Managing Bloating and Fluid Retention
Premenstrual bloating is driven by hormonal shifts that cause your body to hold onto water and sodium. It typically peaks in the days before your period starts and improves once menstruation begins. Cutting back on salty foods during the week before your period can reduce how much fluid you retain. This means watching for hidden sodium in processed foods, restaurant meals, and packaged snacks, not just the salt shaker.
Drinking more water, counterintuitively, can help. When you’re well hydrated, your body is less likely to hold onto extra fluid. Potassium-rich foods like bananas, sweet potatoes, and leafy greens also support fluid balance.
TENS Units for Drug-Free Relief
A TENS (transcutaneous electrical nerve stimulation) unit sends mild electrical pulses through adhesive pads on your skin, interrupting pain signals before they reach your brain. For period cramps, pads are placed on the lower abdomen over the area of pain, using a high-frequency setting (50 to 100 Hz).
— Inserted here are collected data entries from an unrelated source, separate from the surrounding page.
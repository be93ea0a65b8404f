-- ===== src/Lock/QueueSteps.antt =====
-- Requests that change, and that join and leave a queue, and that the counters still count.
use mathlib.Core.Path.{subst}
use reiser.Base.{
  ℕ, ◌+◌, ◌-◌, ◌≤◌, ◌≡◌, refl, sym, ap, ◌∙◌, Bool, false, ◌&&◌, [], ◌∷◌, ◌++◌, if◌then◌else◌,
  Bool-cases, inl, inr, ◌==◌, put, put_ne, count, count_if-append, arith,
}
use reiser.Lock.State.{Mode, is_no_lock, is_write}
use reiser.Lock.Primitives.{del_requestor}
use reiser.Lock.Counting.{del_requestor-count}
use reiser.Lock.View.{
  Core, Thread, IsCore, pri_of, mode_of, may_wait, IsView, IsAwake, put_cases, put_same,
  IsCore-same, IsCore-request,
}

-- The request of a thread joins the queue.
abbrev pub enqueue_core : Thread → ℕ → Core → Core
enqueue_core th t z = record z {
  nr_hipri_requests = if th.curpri then z.nr_hipri_requests + 1 else z.nr_hipri_requests;
  nr_hipri_write_requests =
      if th.curpri && is_write th.mode
      then z.nr_hipri_write_requests + 1
      else z.nr_hipri_write_requests;
  requestors = z.requestors ++ t ∷ [];
}

-- The request of a thread leaves the queue.
abbrev pub dequeue_core : Thread → ℕ → Core → Core
dequeue_core th t z = record z {
  nr_hipri_requests = if th.curpri then z.nr_hipri_requests - 1 else z.nr_hipri_requests;
  nr_hipri_write_requests =
      if th.curpri && is_write th.mode
      then z.nr_hipri_write_requests - 1
      else z.nr_hipri_write_requests;
  requestors = del_requestor t z.requestors;
}

module _ {zs : ℕ → Core} {ts : ℕ → Thread} (v : IsView zs ts) where
  -- A thread that is in no queue changes its request.
  pub request-IsView :
      (t node : ℕ) (mode : Mode)
      → IsAwake zs t
      → IsView zs (put ts t (record (ts t) { node = node; mode = mode }))
  request-IsView t node mode awake =
      let th' = record (ts t) { node = node; mode = mode } in
      record {
        cores = λ k.
            IsCore-same (put_same (λ th. th.curpri) ts t th' refl) (λ u. refl)
              (IsCore-request (zs k) t (awake k) (λ u e. ap (λ th. th.mode) (put_ne ts t th' u e))
                (v.cores k));
        queued = λ k.
            put_cases (λ u th. count u (zs k).requestors ≤ may_wait th k) ts t th'
              (omega (arith, awake k)) (λ u e. v.queued k u);
        held = λ k u. v.held k u ∙ sym (put_same (λ th. count k th.nodes) ts t th' refl u);
      }

  -- The request of a thread leaves the queue of its node.
  pub dequeue-IsView :
      (t : ℕ)
      → let n = (ts t).node in
        1 ≤ count t (zs n).requestors
        → IsView (put zs n (dequeue_core (ts t) t (zs n))) ts
          × IsAwake (put zs n (dequeue_core (ts t) t (zs n))) t
  dequeue-IsView t h =
      let n = (ts t).node in
      let z' = dequeue_core (ts t) t (zs n) in
      let c = v.cores n in
      let del = λ (p : ℕ → Bool). del_requestor-count p t (zs n).requestors h in
      let P = λ (k : ℕ) (z : Core). IsCore (pri_of ts) (mode_of ts) z in
      let once = v.queued n t in
      (
        record {
          cores =
              put_cases P zs n z'
                (record {
                  counted = ground (arith, c.counted);
                  hipri_owners = ground (arith, c.hipri_owners);
                  hipri_requests = ground (arith, c.hipri_requests, del (pri_of ts));
                  hipri_writes =
                      ground
                        (arith, c.hipri_writes, del (λ u. (ts u).curpri && is_write (ts u).mode));
                })
                (λ k e. v.cores k);
          queued = λ k u.
              put_cases (λ j z. count u z.requestors ≤ may_wait (ts u) j) zs n z'
                (ground (arith, del (λ b. b == u), v.queued n u)) (λ j e. v.queued j u) k;
          held = λ k u. put_same (λ z. count u z.ids) zs n z' (ground arith) k ∙ v.held k u;
        },
        put_cases (λ j z. count t z.requestors ≡ 0) zs n z'
            (ground (arith, del (λ b. b == t), once)) (λ j e. ground (arith, v.queued j t)),
      )

  enqueued :
      (t u : ℕ)
      → let n = (ts t).node in
        IsAwake zs t
        → is_no_lock (ts t).mode ≡ false
        → count u ((zs n).requestors ++ t ∷ []) ≤ may_wait (ts u) n
  enqueued t u awake h =
      let n = (ts t).node in
      let app = λ (u : ℕ). count_if-append (λ b. b == u) (zs n).requestors (t ∷ []) in
      elim (Bool-cases (t == u)) [
        | inl e ↦
            subst (λ m. count m ((zs n).requestors ++ t ∷ []) ≤ may_wait (ts m) n) {x = t} {y = u}
              (ground arith) (ground (arith, app t, awake n, h))
        | inr e ↦ ground (arith, app u, e, v.queued n u)
      ]

  -- The request of a thread that is in no queue joins the queue of its node.
  pub enqueue-IsView :
      (t : ℕ)
      → let n = (ts t).node in
        IsAwake zs t
        → is_no_lock (ts t).mode ≡ false
        → IsView (put zs n (enqueue_core (ts t) t (zs n))) ts
  enqueue-IsView t awake h =
      let n = (ts t).node in
      let z' = enqueue_core (ts t) t (zs n) in
      let c = v.cores n in
      let P = λ (k : ℕ) (z : Core). IsCore (pri_of ts) (mode_of ts) z in
      let app = λ (p : ℕ → Bool). count_if-append p (zs n).requestors (t ∷ []) in
      record {
        cores =
            put_cases P zs n z'
              (record {
                counted = c.counted;
                hipri_owners = c.hipri_owners;
                hipri_requests = ground (arith, c.hipri_requests, app (pri_of ts));
                hipri_writes =
                    ground
                      (arith, c.hipri_writes, app (λ u. (ts u).curpri && is_write (ts u).mode));
              })
              (λ k e. v.cores k);
        queued = λ k u.
            put_cases (λ j z. count u z.requestors ≤ may_wait (ts u) j) zs n z'
              (enqueued t u awake h) (λ j e. v.queued j u) k;
        held = λ k u. put_same (λ z. count u z.ids) zs n z' refl k ∙ v.held k u;
      }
Several companies now sell small, discreet TENS devices designed specifically for menstrual pain that you can wear under clothing.
TENS won’t eliminate severe cramps on its own, but it’s a useful add-on for people who want to reduce their reliance on medication or who can’t take anti-inflammatories.
Signs Your Pain May Need Medical Attention
Normal period cramps typically start within a few years of your first period, last 4 to 48 hours, and gradually improve as you get older. Pain that gets worse over the years rather than better, lasts longer than two days, or doesn’t respond to anti-inflammatories is a different pattern. This type of pain, called secondary dysmenorrhea, often has an underlying cause like endometriosis or fibroids.
Endometriosis is diagnosed in 25% to 38% of adolescents and young women with chronic pelvic pain. When standard treatments like anti-inflammatories fail to help, that number jumps to 50% to 70%. The pain isn’t always limited to your period. About 63% of young women with endometriosis experience pain both during and outside of menstruation, and roughly a third report intestinal pain or urinary symptoms. If your period pain is severe enough to regularly keep you home from work or school, or if you’re noticing pain during bowel movements, urination, or intercourse, those are patterns worth investigating with a healthcare provider.